FINRA Issues Notice on How Illiquid Non-Traded REITs are Valued on Customer Statements

The David Lerner Associates debacle has caused the Financial Industry Regulatory Authority (FINRA) to focus on how broker-dealers show the value of illiquid investments like non-traded REITs on their customers’ monthly statements, according to Investment News. For years, the shares of Apple REITs that were underwritten and sold by David Lerner Associates were constantly valued at $11 on customer statements, notwithstanding the volatility in the marketplace over the last several years. FINRA complained that Lerner was misleading investors about the true value of the product and subsequently account statements indicated that the shares were “not priced.”

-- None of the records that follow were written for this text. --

-- ===== src/Queue/Marks/Ledger.antt =====
-- What the settling methods of janus_graph/pipeline/queue.py leave in both tables.
use janus_graph.Base.{
  ℕ, Text, text_eq, text_eq_self, List, [], ◌∷◌, Bool, true, false, ◌≡◌, refl, sym, ap, ◌∙◌, arith,
  ◌+◌, none, some, Option-cases, Bool-cases, inl, inr, All, find, filter, update, if◌then◌else◌,
}
use janus_graph.Queue.Schema.{Status, done, aborted, Json, Row, DeadLetter, Db}
use janus_graph.Queue.Dedup.{has_id}
use janus_graph.Queue.Marks.{
  has_episode_id, is_open_for, recovered, close_open, done_row, mark_done, put_dead,
  dead_letter_row, abort_with, mark_aborted,
}

-- No dead letter of the episode is open.
abbrev pub IsClosed : Text → List DeadLetter → Type 0
IsClosed id dead = All (λ d. is_open_for id d ≡ false) dead

-- Each row of the episode has the status; its key is untouched.
abbrev pub HasStatus : Text → Status → List Row → Type 0
HasStatus id status rows = All (λ r. has_id id r ≡ true → r.status ≡ status) rows

find-none :
    (id : Text) (dead : List DeadLetter) → find (is_open_for id) dead ≡ none → IsClosed id dead
unfolding find
find-none id [] h = tt
find-none id (d ∷ dead) h = elim (Bool-cases (is_open_for id d)) [
  | inl e ↦
      let bad = sym (ap (λ (b : Bool). if b then some d else find (is_open_for id) dead) e) ∙ h in
      absurd (ground arith)
  | inr e ↦
      let found = sym (ap (λ (b : Bool). if b then some d else find (is_open_for id) dead) e) ∙ h in
      (e, find-none id dead found)
]

update-IsClosed :
    (id : Text) (now attempts : ℕ) (dead : List DeadLetter)
    → IsClosed id (update (is_open_for id) (recovered now attempts) dead)
unfolding update
update-IsClosed id now attempts [] = tt
update-IsClosed id now attempts (d ∷ dead) = (
  elim (Bool-cases (is_open_for id d)) [ inl e ↦ rw (e, update) (ground arith) | inr e ↦ simp e ],
  update-IsClosed id now attempts dead,
)

pub update-HasStatus :
    (id : Text) (status : Status) (set : Row → Row) (rows : List Row)
    → ((r : Row) → (set r).status ≡ status)
    → HasStatus id status (update (has_id id) set rows)
unfolding update
update-HasStatus id status set [] h = tt
update-HasStatus id status set (r ∷ rows) h = (
  elim (Bool-cases (has_id id r)) [ inl e ↦ simp e (λ m. h r) | inr e ↦ simp e (λ m. cc) ],
  update-HasStatus id status set rows h,
)

-- After `mark_done` the episode is done and no dead letter of it is open, whatever either table
-- held before.
pub mark_done-IsClosed :
    (now : ℕ) (id : Text) (db : Db)
    → HasStatus id done (mark_done now id db).episodes
      × IsClosed id (mark_done now id db).dead_letter
unfolding mark_done close_open
mark_done-IsClosed now id db = (
  update-HasStatus id done (done_row now) db.episodes (λ r. refl),
  elim (Option-cases (find (is_open_for id) db.dead_letter)) [
    | inl e ↦ rw (e, close_open) (find-none id db.dead_letter e)
    | inr (d, e) ↦ rw (e, close_open) (update-IsClosed id now d.attempt_count db.dead_letter)
  ],
)

-- The dead letters of an episode.
abbrev pub of_episode : Text → List DeadLetter → List DeadLetter
of_episode id dead = filter (has_episode_id id) dead

put_dead-only :
    (d : DeadLetter) (dead : List DeadLetter) → of_episode d.episode_id (put_dead d dead) ≡ d ∷ []
unfolding filter
put_dead-only d [] = rw (text_eq_self d.episode_id)
put_dead-only d (e ∷ dead) = elim (Bool-cases (text_eq e.episode_id d.episode_id)) [
  | inl h ↦ rw h (put_dead-only d dead)
  | inr h ↦ rw (h, filter, h) (put_dead-only d dead)
]

-- What an abort leaves: the status, and one open dead letter with the error of the call.
abbrev pub IsBuried : ℕ → Text → Text → Json → ℕ → Db → Type 0
IsBuried now id error payload attempts db =
    HasStatus id aborted db.episodes
    × (of_episode id db.dead_letter ≡ dead_letter_row id payload error attempts now ∷ [])

abort_with-IsBuried :
    (now : ℕ) (id error : Text) (payload : Json) (attempts : ℕ) (db : Db)
    → IsBuried now id error payload attempts (abort_with now id error payload attempts db)
unfolding abort_with
abort_with-IsBuried now id error payload attempts db = (
  update-HasStatus id aborted _ db.episodes (λ r. refl),
  put_dead-only (dead_letter_row id payload error attempts now) db.dead_letter,
)

-- After `mark_aborted` of an id that the queue has, the episode is aborted, and it has exactly one
-- dead letter: open, with the payload of the row, one attempt more than the row had, and the error.
pub mark_aborted-IsBuried :
    (now : ℕ) (id error : Text) (r : Row) (db : Db)
    → find (has_id id) db.episodes ≡ some r
    → IsBuried now id error r.payload_json (r.attempt_count + 1) (mark_aborted now id error db)
unfolding mark_aborted
mark_aborted-IsBuried now id error r db e =
    rw (e, mark_aborted) (abort_with-IsBuried now id error r.payload_json (r.attempt_count + 1) db)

In general, private placements and non-traded REITs are sold through independent broker dealers, in an industry that has seemingly exploded with the number of REIT investment vehicles quadrupling over the last ten years. Consequently, FINRA has focused on the products and issued a regulatory notice proposing how illiquid securities would be valued on customer statements. For example, FINRA has issued a notice to broker dealers telling them that they cannot use data more than 18 months old to estimate the value of the non-traded REITs after concluding their offerings. Previously, broker dealers had listed the value of non-traded REITs at par value, or the price they were when sold to the public. This way of valuing shares came under much scrutiny after the financial and housing crisis of 2008, when many non-traded REITs that were invested in commercial real estate stopped dividends and limited redemptions to investors.